* Instructions for the task *
Go through the following data and transcribe exactly the stretch of lines from the one holding "remove_rule_local sid name m = elim" to the one holding "abbrev RuleCommand : Type 0", both included.

Saved entries:
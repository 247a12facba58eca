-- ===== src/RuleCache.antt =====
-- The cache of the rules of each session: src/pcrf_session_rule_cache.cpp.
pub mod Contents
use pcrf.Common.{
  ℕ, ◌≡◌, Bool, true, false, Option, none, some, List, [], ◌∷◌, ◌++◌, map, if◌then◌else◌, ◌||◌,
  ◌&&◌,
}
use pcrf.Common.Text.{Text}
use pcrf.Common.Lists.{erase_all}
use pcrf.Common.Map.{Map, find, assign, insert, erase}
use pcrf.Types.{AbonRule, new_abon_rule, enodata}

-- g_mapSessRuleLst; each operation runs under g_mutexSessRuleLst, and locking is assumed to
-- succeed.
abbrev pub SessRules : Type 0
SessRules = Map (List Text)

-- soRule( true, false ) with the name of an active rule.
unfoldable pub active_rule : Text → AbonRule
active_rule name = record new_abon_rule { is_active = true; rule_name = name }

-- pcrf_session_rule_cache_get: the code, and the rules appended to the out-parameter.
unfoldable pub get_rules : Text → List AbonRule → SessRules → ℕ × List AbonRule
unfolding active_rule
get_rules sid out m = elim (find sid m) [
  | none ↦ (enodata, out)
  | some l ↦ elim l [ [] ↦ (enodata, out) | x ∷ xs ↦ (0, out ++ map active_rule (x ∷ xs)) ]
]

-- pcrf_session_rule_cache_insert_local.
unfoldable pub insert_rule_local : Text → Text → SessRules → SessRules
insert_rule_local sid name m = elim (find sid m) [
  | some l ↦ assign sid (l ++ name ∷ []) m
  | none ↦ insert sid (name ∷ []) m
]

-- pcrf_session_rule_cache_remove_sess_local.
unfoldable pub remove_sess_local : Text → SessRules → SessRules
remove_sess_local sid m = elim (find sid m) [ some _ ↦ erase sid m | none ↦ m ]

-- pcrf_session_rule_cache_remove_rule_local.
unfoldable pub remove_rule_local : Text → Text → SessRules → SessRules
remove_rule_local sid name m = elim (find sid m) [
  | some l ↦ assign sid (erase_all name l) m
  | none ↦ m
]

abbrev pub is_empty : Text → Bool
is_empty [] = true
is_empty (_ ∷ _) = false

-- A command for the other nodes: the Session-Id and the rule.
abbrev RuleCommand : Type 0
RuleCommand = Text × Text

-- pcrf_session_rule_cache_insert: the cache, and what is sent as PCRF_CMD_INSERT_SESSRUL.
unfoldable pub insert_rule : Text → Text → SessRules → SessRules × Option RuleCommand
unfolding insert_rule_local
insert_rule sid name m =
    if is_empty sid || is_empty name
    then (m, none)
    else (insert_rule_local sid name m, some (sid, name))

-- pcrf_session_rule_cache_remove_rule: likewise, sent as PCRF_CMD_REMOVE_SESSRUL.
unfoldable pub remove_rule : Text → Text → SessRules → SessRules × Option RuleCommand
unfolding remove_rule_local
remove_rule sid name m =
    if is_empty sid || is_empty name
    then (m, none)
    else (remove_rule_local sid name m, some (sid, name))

--

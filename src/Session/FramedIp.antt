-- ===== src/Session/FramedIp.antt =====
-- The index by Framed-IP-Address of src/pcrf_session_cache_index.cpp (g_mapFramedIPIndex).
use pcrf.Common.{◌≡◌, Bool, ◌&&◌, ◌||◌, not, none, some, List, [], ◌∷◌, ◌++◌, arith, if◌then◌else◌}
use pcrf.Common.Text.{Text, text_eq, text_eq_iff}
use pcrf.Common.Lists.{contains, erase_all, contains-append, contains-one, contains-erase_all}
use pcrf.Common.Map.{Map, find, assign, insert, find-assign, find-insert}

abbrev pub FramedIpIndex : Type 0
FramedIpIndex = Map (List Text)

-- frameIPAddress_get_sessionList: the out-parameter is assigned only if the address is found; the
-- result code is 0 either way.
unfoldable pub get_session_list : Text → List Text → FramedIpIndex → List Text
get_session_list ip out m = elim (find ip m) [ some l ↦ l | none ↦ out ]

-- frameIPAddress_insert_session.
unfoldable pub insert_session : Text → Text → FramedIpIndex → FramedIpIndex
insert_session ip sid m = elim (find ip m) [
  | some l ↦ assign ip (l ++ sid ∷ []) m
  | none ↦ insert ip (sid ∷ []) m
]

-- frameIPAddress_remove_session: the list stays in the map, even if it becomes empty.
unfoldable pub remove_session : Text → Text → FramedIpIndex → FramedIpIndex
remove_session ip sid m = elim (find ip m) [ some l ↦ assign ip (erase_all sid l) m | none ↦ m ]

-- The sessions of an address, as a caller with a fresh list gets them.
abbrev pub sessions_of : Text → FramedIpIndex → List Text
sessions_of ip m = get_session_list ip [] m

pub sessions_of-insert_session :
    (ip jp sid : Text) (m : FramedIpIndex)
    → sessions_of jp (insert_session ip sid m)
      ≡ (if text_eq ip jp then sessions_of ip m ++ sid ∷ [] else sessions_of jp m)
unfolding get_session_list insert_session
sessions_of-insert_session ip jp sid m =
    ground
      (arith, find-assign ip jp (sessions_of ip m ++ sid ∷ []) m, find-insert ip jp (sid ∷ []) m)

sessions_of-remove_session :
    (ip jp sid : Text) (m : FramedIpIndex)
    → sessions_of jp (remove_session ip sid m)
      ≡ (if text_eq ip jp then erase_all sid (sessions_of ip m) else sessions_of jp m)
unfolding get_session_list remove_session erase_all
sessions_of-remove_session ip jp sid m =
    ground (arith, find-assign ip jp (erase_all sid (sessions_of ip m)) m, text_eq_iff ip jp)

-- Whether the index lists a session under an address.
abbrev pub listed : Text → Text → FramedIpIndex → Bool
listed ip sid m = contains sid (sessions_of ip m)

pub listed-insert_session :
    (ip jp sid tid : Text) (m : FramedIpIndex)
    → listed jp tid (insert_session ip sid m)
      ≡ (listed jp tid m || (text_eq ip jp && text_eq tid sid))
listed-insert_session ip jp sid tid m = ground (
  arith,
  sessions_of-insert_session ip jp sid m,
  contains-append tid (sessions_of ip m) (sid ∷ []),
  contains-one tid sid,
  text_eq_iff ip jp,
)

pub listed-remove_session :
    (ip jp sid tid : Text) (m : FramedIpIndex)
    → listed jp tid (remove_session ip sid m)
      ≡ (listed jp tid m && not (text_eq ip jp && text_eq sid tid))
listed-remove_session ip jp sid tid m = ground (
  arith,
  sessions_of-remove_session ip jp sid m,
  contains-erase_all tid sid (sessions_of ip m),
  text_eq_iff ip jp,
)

* Answer to this problem *
remove_rule_local sid name m = elim (find sid m) [
  | some l ↦ assign sid (erase_all name l) m
  | none ↦ m
]

abbrev pub is_empty : Text → Bool
is_empty [] = true
is_empty (_ ∷ _) = false

-- A command for the other nodes: the Session-Id and the rule.
abbrev RuleCommand : Type 0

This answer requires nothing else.